Here, they are wearing full-length plaid smocks. You don’t get more exclusive than this.
And the mothers picking up their daughters in their expensive Porsche Carreras is another sign of exclusivity too.
Somehow, you get the feeling that here at the Ursuline Convent and the Ursuline School, the message of Jesus Christ has has become extremely distorted.
I bet that Mother Marie of the Incarnation, the original founder of the Institution here in Quebec, is turning in her grave.
When I was here for my mega-ramble in 2012, this particular Square was fenced off and undergoing a great deal of renovation.
I was therefore extremely curious to see what had become of it and so I directed myself here.
And I wasn’t disappointed. They seem to have made a very fine job of it and I was quite impressed. I like the laurels particularly – and the fountain.
On the way back to my motel I stopped off at a “Maxi” Supermarket for some soya milk. And ended up with a few other things too, including Spruce Beer and also some grapes at 89 cents a pound – which didn’t last long.
Back here, another couple was moving in next door and they took quite a liking to Strawberry Moose.
But here’s a thing.
When was the last time that I crashed out? I mean – seriously?

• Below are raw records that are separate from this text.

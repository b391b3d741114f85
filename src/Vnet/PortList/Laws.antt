-- ===== src/Vnet/PortList/Laws.antt =====
-- How the lists of one port and the map of all ports keep their invariant, and what the two loops
-- over a list have to do with one another.
use mathlib.Core.Path.{subst₂}
use transport.Prelude.{
  ℕ, ◌≡◌, ◌≢◌, ◌↔◌, false, none, some, List, [], ◌∷◌, ◌++◌, arith, Bool-cases, some-inj,
  none-ne-some, inl, inr, ◌==◌,
}
use transport.Vnet.Addr.{Ip, Addr, is_unspecified, ip_eq_refl}
use transport.Vnet.PortMap.{PortMap, lookup, insert as put, erase, lookup-insert, lookup-erase}
use transport.Vnet.PortList.{
  covers, taken, first_covering, ApartFrom, AllApart, OnPort, IsPortList, IsValid,
}

module _ {A : Type 0} (local_addr : A → Addr) where
  pub append-ne-nil : (cs : List A) (c : A) → cs ++ (c ∷ []) ≢ []
  append-ne-nil [] c = λ e. cc
  append-ne-nil (d ∷ cs) c = λ e. cc

  pub OnPort-append :
      (p : ℕ) (cs : List A) (c : A)
      → OnPort local_addr p cs
      → (local_addr c).port ≡ p
      → OnPort local_addr p (cs ++ (c ∷ []))
  OnPort-append p [] c h e = (e, tt)
  OnPort-append p (d ∷ cs) c h e = (h.0, OnPort-append p cs c h.1 e)

  module _ (c : A) (specified : is_unspecified (local_addr c).ip ≡ false) where
    pub ApartFrom-append :
        (d : A) (cs : List A)
        → ApartFrom local_addr d cs
        → covers local_addr d (local_addr c).ip ≡ false
        → ApartFrom local_addr d (cs ++ (c ∷ []))
    unfolding covers
    ApartFrom-append d [] h e =
        (record { left = ground arith; right = specified; distinct = ground arith }, tt)
    ApartFrom-append d (x ∷ cs) h e = (h.0, ApartFrom-append d cs h.1 e)

    pub AllApart-append :
        (cs : List A)
        → AllApart local_addr cs
        → taken local_addr (local_addr c).ip cs ≡ false
        → AllApart local_addr (cs ++ (c ∷ []))
    unfolding taken
    AllApart-append [] h e = (tt, tt)
    AllApart-append (d ∷ cs) h e =
        (ApartFrom-append d cs h.0 (ground arith), AllApart-append cs h.1 (ground arith))

  pub put-IsValid :
      (k : ℕ) (v : List A) (m : PortMap A)
      → IsPortList local_addr k v
      → IsValid local_addr m
      → IsValid local_addr (put k v m)
  put-IsValid k v m hv h p cs e = elim (Bool-cases (k == p)) [
    | inl same ↦
        let found : some v ≡ some cs = rw (lookup-insert k p v m, same) at e in
        let here : k ≡ p = ground arith in subst₂ (IsPortList local_addr) here (some-inj found) hv
    | inr other ↦ h p cs (rw (lookup-insert k p v m, other) at e)
  ]

  -- The map of a new host.
  pub empty-IsValid : IsValid local_addr []
  unfolding lookup
  empty-IsValid p cs e = absurd (none-ne-some e)

  pub erase-IsValid :
      (k : ℕ) (m : PortMap A) → IsValid local_addr m → IsValid local_addr (erase k m)
  erase-IsValid k m h p cs e = elim (Bool-cases (k == p)) [
    | inl same ↦ absurd (none-ne-some (rw (lookup-erase k p m, same) at e))
    | inr other ↦ h p cs (rw (lookup-erase k p m, other) at e)
  ]

  pub first_covering-taken :
      (ip : Ip) (cs : List A)
      → (taken local_addr ip cs ≡ false) ↔ (first_covering local_addr ip cs ≡ none)
  unfolding taken first_covering
  first_covering-taken ip [] = ground arith
  first_covering-taken ip (c ∷ cs) = ground (arith, first_covering-taken ip cs)

  pub first_covering-append :
      (c : A) (cs : List A)
      → taken local_addr (local_addr c).ip cs ≡ false
      → first_covering local_addr (local_addr c).ip (cs ++ (c ∷ [])) ≡ some c
  unfolding taken first_covering covers
  first_covering-append c [] e = ground (arith, ip_eq_refl (local_addr c).ip)
  first_covering-append c (d ∷ cs) e = ground (arith, first_covering-append c cs)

It all caught up with me yesterday afternoon. I started to yawn at about 16:30 and that’s all that I remember until 21:00 when I found myself fully-dressed under the bedclothes with the internet radio blaring away. I was gone for good by the looks of things.
It took me a while to come round, but I still managed to make tea – and then I was gone again.
Mind you, I’m not surprised that it’s caught me up. I’ve been going at quite a pace just recently and something had to give.